'''

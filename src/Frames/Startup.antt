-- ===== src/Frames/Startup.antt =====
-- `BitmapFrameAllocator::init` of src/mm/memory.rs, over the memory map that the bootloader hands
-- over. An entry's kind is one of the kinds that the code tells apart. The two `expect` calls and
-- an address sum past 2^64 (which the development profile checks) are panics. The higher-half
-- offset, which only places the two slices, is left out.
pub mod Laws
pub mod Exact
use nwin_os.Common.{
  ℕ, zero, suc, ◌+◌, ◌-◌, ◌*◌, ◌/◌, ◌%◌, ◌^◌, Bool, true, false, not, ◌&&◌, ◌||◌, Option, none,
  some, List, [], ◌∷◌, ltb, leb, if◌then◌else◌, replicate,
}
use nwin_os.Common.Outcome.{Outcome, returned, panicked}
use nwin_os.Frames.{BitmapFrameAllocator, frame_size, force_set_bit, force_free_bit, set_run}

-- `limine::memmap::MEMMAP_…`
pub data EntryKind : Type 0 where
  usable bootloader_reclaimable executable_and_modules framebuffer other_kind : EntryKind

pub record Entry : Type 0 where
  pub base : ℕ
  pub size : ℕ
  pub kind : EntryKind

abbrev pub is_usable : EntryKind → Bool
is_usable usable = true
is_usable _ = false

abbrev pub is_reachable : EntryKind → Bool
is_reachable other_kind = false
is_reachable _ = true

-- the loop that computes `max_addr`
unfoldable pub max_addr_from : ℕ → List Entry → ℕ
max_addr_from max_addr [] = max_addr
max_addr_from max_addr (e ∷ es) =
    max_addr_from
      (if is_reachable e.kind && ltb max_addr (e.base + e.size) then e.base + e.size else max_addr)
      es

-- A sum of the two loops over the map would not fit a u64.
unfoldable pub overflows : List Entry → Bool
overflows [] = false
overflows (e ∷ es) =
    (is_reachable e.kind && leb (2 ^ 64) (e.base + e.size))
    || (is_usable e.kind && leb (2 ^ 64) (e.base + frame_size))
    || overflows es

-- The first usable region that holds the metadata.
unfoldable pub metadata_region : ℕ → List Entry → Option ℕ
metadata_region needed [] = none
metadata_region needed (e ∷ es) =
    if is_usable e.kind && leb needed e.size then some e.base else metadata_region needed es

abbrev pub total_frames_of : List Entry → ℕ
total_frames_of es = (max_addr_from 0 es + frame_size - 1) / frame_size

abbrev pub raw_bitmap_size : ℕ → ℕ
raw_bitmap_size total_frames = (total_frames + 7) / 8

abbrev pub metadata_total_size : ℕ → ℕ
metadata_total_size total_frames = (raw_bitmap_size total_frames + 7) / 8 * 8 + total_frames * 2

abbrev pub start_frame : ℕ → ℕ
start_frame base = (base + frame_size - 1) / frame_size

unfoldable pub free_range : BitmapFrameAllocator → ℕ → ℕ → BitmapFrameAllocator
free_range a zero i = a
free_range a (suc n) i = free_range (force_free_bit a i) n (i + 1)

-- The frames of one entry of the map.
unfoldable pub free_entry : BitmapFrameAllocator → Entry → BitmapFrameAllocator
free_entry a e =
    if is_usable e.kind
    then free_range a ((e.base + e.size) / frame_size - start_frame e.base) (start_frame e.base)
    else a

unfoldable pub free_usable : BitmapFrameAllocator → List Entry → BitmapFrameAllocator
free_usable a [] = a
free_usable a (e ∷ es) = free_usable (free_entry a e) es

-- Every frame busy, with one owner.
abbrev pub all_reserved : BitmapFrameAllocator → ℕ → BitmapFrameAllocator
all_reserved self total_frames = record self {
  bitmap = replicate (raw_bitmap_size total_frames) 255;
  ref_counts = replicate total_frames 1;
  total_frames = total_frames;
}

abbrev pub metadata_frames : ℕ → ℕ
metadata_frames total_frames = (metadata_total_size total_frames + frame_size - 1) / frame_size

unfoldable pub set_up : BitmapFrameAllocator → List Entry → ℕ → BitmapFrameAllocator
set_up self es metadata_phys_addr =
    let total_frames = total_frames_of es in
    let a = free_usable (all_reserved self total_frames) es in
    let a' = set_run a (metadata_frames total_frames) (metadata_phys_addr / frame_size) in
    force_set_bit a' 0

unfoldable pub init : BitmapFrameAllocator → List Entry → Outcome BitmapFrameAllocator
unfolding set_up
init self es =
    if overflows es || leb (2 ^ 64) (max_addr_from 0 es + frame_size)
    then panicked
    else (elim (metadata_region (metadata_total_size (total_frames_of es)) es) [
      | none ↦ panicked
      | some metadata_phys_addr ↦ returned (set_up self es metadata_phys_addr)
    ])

'''

Each line with "false" in it must be identified and copied from the material.

  ℕ, zero, suc, ◌+◌, ◌-◌, ◌*◌, ◌/◌, ◌%◌, ◌^◌, Bool, true, false, not, ◌&&◌, ◌||◌, Option, none,
is_usable _ = false
is_reachable other_kind = false
overflows [] = false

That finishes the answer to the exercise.